Air Berlins einstiger Hauptaktionär Etihad hat viele Fehler gemacht – die letzte Hilfszusage könnte sich als der größte herausstellen. Während sich die Lufthansa im vergangenen Frühjahr bereits akribisch auf die Pleite des größten innerdeutschen Konkurrenten vorbereitete, wollte die alte Etihad-Führung das Desaster selbst kurz vor dem Absturz augenscheinlich immer noch nicht wahrhaben. Anders lässt sich die abermalige Finanzgarantie von Ende April 2017 nicht erklären.

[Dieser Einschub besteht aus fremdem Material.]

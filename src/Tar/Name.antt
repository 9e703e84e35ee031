-- ===== src/Tar/Name.antt =====
-- Paths in the header: `name_fields` (src/tar_write.c), and what src/tar.c reads back.
use guppy.Prelude.{
  ℕ, zero, suc, ◌+◌, ◌-◌, ◌≤◌, ◌<◌, ◌≡◌, ◌≢◌, ◌⊎◌, inl, inr, refl, sym, ◌∙◌, Bool, true, false,
  Option, none, some, arith, ◌==◌, ◌&&◌, ◌||◌, [], ◌∷◌, ◌++◌, length, take, if◌then◌else◌, leb,
  ne→==-false,
}
pub use guppy.Ascii.{bytes_at}
use guppy.Ascii.{Bytes, IsCString, codes, same}
use guppy.Buffer.{Buf, at, blit}

-- `strchr(s, c) != NULL`
unfoldable pub has_byte : ℕ → Bytes → Bool
has_byte c [] = false
has_byte c (x ∷ xs) = x == c || has_byte c xs

unfoldable pub has_prefix : Bytes → Bytes → Bool
has_prefix [] s = true
has_prefix (c ∷ cs) [] = false
has_prefix (c ∷ cs) (x ∷ xs) = x == c && has_prefix cs xs

-- `strstr(s, part) != NULL`
unfoldable pub has_part : Bytes → Bytes → Bool
unfolding has_prefix
has_part part [] = has_prefix part []
has_part part (x ∷ xs) = has_prefix part (x ∷ xs) || has_part part xs

-- The two tests of `name_fields` that return -1 before the path is measured.
unfoldable pub is_rejected : Bytes → Bool
unfolding has_byte has_part same
is_rejected path =
    same path []
    || bytes_at path 0 == b'/'
    || has_byte b'\\' path
    || has_part (codes "../") path
    || same path (codes "..")
    || has_part (codes "/./") path
    || same path (codes ".")

-- The loop over `cursor`, at the offset `pos`, with `rest` ahead.
unfoldable pub find_slash : (rest : Bytes) → (pos length : ℕ) → (slash : Option ℕ) → Option ℕ
find_slash [] pos len slash = slash
find_slash (c ∷ cs) pos len slash =
    find_slash cs (pos + 1) len
      (if c == b'/' && (leb pos 155 && leb (len - pos - 1) 100) then some pos else slash)

-- The two fields of a path that is split at the offset `slash`.
unfoldable pub split_fields : Buf → Bytes → Option ℕ → Option Buf
split_fields header path none = none
split_fields header path (some slash) =
    if slash == 0 || bytes_at path (slash + 1) == 0
    then none
    else some (
        blit (blit header 0 (length path - slash - 1) (at (bytes_at path) (slash + 1))) 345 slash
          (bytes_at path))

-- A NULL path is `none`.
unfoldable pub name_fields : Buf → Option Bytes → Option Buf
unfolding is_rejected find_slash split_fields
name_fields header none = none
name_fields header (some path) =
    if is_rejected path
    then none
    else if leb (length path) 100
    then some (blit header 0 (length path) (bytes_at path))
    else split_fields header path (find_slash path 0 (length path) none)

-- `memcpy(s, p, n)` with a NUL behind it, as a string.
unfoldable pub cstring : ℕ → Buf → Bytes
cstring zero p = []
cstring (suc n) p = let rest = cstring n (at p 1) in if p 0 == 0 then [] else p 0 ∷ rest

-- `e.path` of a header; `snprintf` cuts it to `sizeof e.path - 1` bytes.
unfoldable pub entry_path : Buf → Bytes
entry_path h =
    if h 345 == 0 then cstring 100 h else take 511 (cstring 155 (at h 345) ++ b'/' ∷ cstring 100 h)

-- `p` holds `s` in a field of `n` bytes.
abbrev pub Holds : Buf → ℕ → Bytes → Type 0
Holds p n s = (i : ℕ) → i < n → p i ≡ bytes_at s i

cstring-Holds :
    (n : ℕ) (p : Buf) (s : Bytes) → Holds p n s → IsCString s → length s ≤ n → cstring n p ≡ s
unfolding cstring
cstring-Holds zero p [] h c l = refl
cstring-Holds zero p (x ∷ xs) h c l = absurd (omega arith)
cstring-Holds (suc n) p [] h c l = rw (h 0 (omega arith))
cstring-Holds (suc n) p (x ∷ xs) h c l =
    let rest =
      cstring-Holds n (at p 1) xs
        (λ i hi. let e : 1 + i ≡ suc i = omega arith in rw e (h (suc i) (omega arith))) c.1
        (omega arith) in
    rw (h 0 (omega arith), ne→==-false x 0 c.0, rest)

-- The fields of the path.
pub data Named (h : Buf) : Bytes → Type 0 where
  short : {path : Bytes} → length path ≤ 100 → Holds h 100 path → h 345 ≡ 0 → Named h path
  long :
      {path : Bytes} (pre post : Bytes)
      → path ≡ pre ++ b'/' ∷ post
      → 0 < length pre
      → length pre ≤ 155
      → length post ≤ 100
      → Holds h 100 post
      → Holds (at h 345) 155 pre
      → Named h path

take_all : (n : ℕ) (s : Bytes) → length s ≤ n → take n s ≡ s
take_all zero [] h = refl
take_all zero (x ∷ xs) h = absurd (omega arith)
take_all (suc n) [] h = refl
take_all (suc n) (x ∷ xs) h = rw (take_all n xs (omega arith))

-- The fields of the path depend on their bytes only.
pub Named-agree :
    (p q : Buf) (path : Bytes)
    → ((j : ℕ) → (j < 100) ⊎ (345 ≤ j) → j < 500 → q j ≡ p j)
    → Named p path
    → Named q path
Named-agree p q path e (short l n z) =
    short l (λ i hi. e i (inl hi) (omega arith) ∙ n i hi)
      (e 345 (inr (omega arith)) (omega arith) ∙ z)
Named-agree p q path e (long pre post j p0 l m n k) =
    long pre post j p0 l m (λ i hi. e i (inl hi) (omega arith) ∙ n i hi)
      (λ i hi. e (345 + i) (inr (omega arith)) (omega arith) ∙ k i hi)

IsCString-append : (s t : Bytes) (c : ℕ) → IsCString (s ++ c ∷ t) → IsCString s × IsCString t
IsCString-append [] t c h = (tt, h.1)
IsCString-append (x ∷ xs) t c h = let r = IsCString-append xs t c h.1 in ((h.0, r.0), r.1)

pub bytes_at-ne : (s : Bytes) → IsCString s → 0 < length s → bytes_at s 0 ≢ 0
bytes_at-ne [] c h = absurd (omega arith)
bytes_at-ne (x ∷ xs) c h = c.0

pub length_join : (s t : Bytes) (c : ℕ) → length (s ++ c ∷ t) ≡ length s + suc (length t)
length_join [] t c = omega arith
length_join (x ∷ xs) t c = omega (arith, length_join xs t c)

pub entry_path-Named :
    (h : Buf) (path : Bytes) → IsCString path → Named h path → entry_path h ≡ path
unfolding entry_path
entry_path-Named h path c (short l n z) = rw z (cstring-Holds 100 h path n c l)
entry_path-Named h path c (long pre post e p0 l m n k) =
    let parts = IsCString-append pre post b'/' (rw (sym e) c) in
    let first : h 345 ≡ bytes_at pre 0 = k 0 (omega arith) in
    let ne = ne→==-false (bytes_at pre 0) 0 (bytes_at-ne pre parts.0 p0) in
    rw
      (
        first,
        ne,
        cstring-Holds 155 (at h 345) pre k parts.0 l,
        cstring-Holds 100 h post n parts.1 m,
        take_all 511 (pre ++ b'/' ∷ post) (rw length_join (omega arith)),
      )
      (sym e)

Die Verdrängungsleistung in Abu Dhabi muss beachtlich gewesen sein: Seit dem Börsengang 2006 hatte Air Berlin Monat für Monat rund 25 Millionen Euro Verlust eingeflogen – bis zur Einstellung des Betriebs kam so eine Summe von rund 3 Milliarden Euro zusammen. Diese niederschmetternden Zahlen waren Jahr für Jahr in der Bilanz nachzulesen. Dennoch haben sie bei Etihad erst zu einem Kurswechsel geführt, als es dafür schon viel zu spät war. Das lange Herauszögern des Unausweichlichen hat die arabische Gesellschaft bereits viel Geld gekostet – nach Lage der Dinge könnte das Engagement bei Air Berlin für Etihad noch einmal deutlich teurer werden.